Ok, I confess…I watch the Hallmark channel during the Christmas season. I know it’s cheesy. Believe me, I do! But there’s something warm and magical about the movies they endlessly play, especially now.
You know that it’s a boy meets girl, they fall in love and most likely, live happily ever after after a few bumps in the road. There’s something easy about watching those shows, even though there’s something annoying as hell about them too. The same actors is one, the sometimes bad acting is another, but the hope that you may find someone by bumping into them synchronistically keeps the fantasy of finding someone special alive in me. I’ve told you before, I’m a hopeful romantic. But I’ve seen behind the curtain and witnessed the great wizard, so I am also based in reality.

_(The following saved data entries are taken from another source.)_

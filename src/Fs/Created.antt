-- ===== src/Fs/Created.antt =====
-- kern/fs/fs.c: `fs_lookup` after `fs_create`.
use astral_os.Fs.Allocation.{allocate, release}
use astral_os.Common.{ℕ, not, Option, none, some, if◌then◌else◌, List, ◌==◌}
use astral_os.Fs.Store.{Env, Fs, Inode, kfree, inode_size}
use astral_os.Fs.Dir.{lookup_blocks, fs_lookup, create_in}
use astral_os.Fs.Content.{IsReliable}
use astral_os.Fs.Open.{loaded}

module _ {e : Env} (reliable : IsReliable e) (s : Fs e) (parent_id : ℕ) (name : List ℕ)
    (type : ℕ) where
  -- What `fs_create` does with an open directory, by what the search for the name returns.
  abbrev inode : Inode
  inode = record { address = (allocate s.heap inode_size).0; bytes = loaded s parent_id }

  abbrev decide : ℕ × Fs e → ℕ × Fs e
  decide found =
      if not (found.0 == 0)
      then (0, kfree found.1 inode.address)
      else create_in found.1 parent_id inode name type

  abbrev opened : Option Inode × Fs e → ℕ × Fs e
  opened o = elim o.0 [
    | none ↦ (0, o.1)
    | some parent ↦
        let found = fs_lookup o.1 parent_id name in
        if not (found.0 == 0)
        then (0, kfree found.1 parent.address)
        else create_in found.1 parent_id parent name type
  ]

  abbrev once : Fs e
  once = record s { heap = (allocate s.heap inode_size).1 }

  abbrev twice : Fs e
  twice = record once {
    heap = release (allocate once.heap inode_size).1 (allocate once.heap inode_size).0;
  }

  abbrev searched_for : ℕ
  searched_for = lookup_blocks s (loaded s parent_id) name e.fresh 0 10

I think it’s the simple romance that keeps me watching them. Not that I constantly watch them because sometimes, it’s just too contrived, even for me. But like last night, the kid and I had dinner and then he left to be with his Dad for the weekend. It was quiet in the house and I just needed something to keep my mind off of the unplanned lone weekend ahead.
The Mistletoe Promise came on which is a repeat from last year’s line up. Oh gosh, I knew it was a repeat because I’ve seen it before, how pathetic is that! But I sat and watched it anyway. Because it’s a nice story. A little contrived and goofy, but still. It’s nice how 2 strangers can work for a common goal and actually heal each other’s wounds and find love all while experiencing Christmas.
You see, I love Christmas. Even after all the crap I’ve dealt with, I still believe in the magic of Christmas. This will be my first official divorced Christmas that I have been dreading, but instead, I’m changing my tune. I’ve accepted a few invites which normally I would have shied away from, being a plus one only. But if I don’t get out there and enjoy the holiday season, then it’s my fault, especially when the invites have been extended. Being that my only other option is to sit home and watch Hallmark while nibbling on smart pop popcorn (which isn’t helping my waistline), I’m trying to move out of my comfort zone. And it’s hard.
But I keep thinking of my friends who have never been married and are usually the plus one, who move through the social season with the grace of gazelles. I can do this. I know I can. I just have to psyche myself up for it. But it’s hard. Maybe you understand and maybe you don’t.
But if you’ve got any advice, I’m all ears so please share.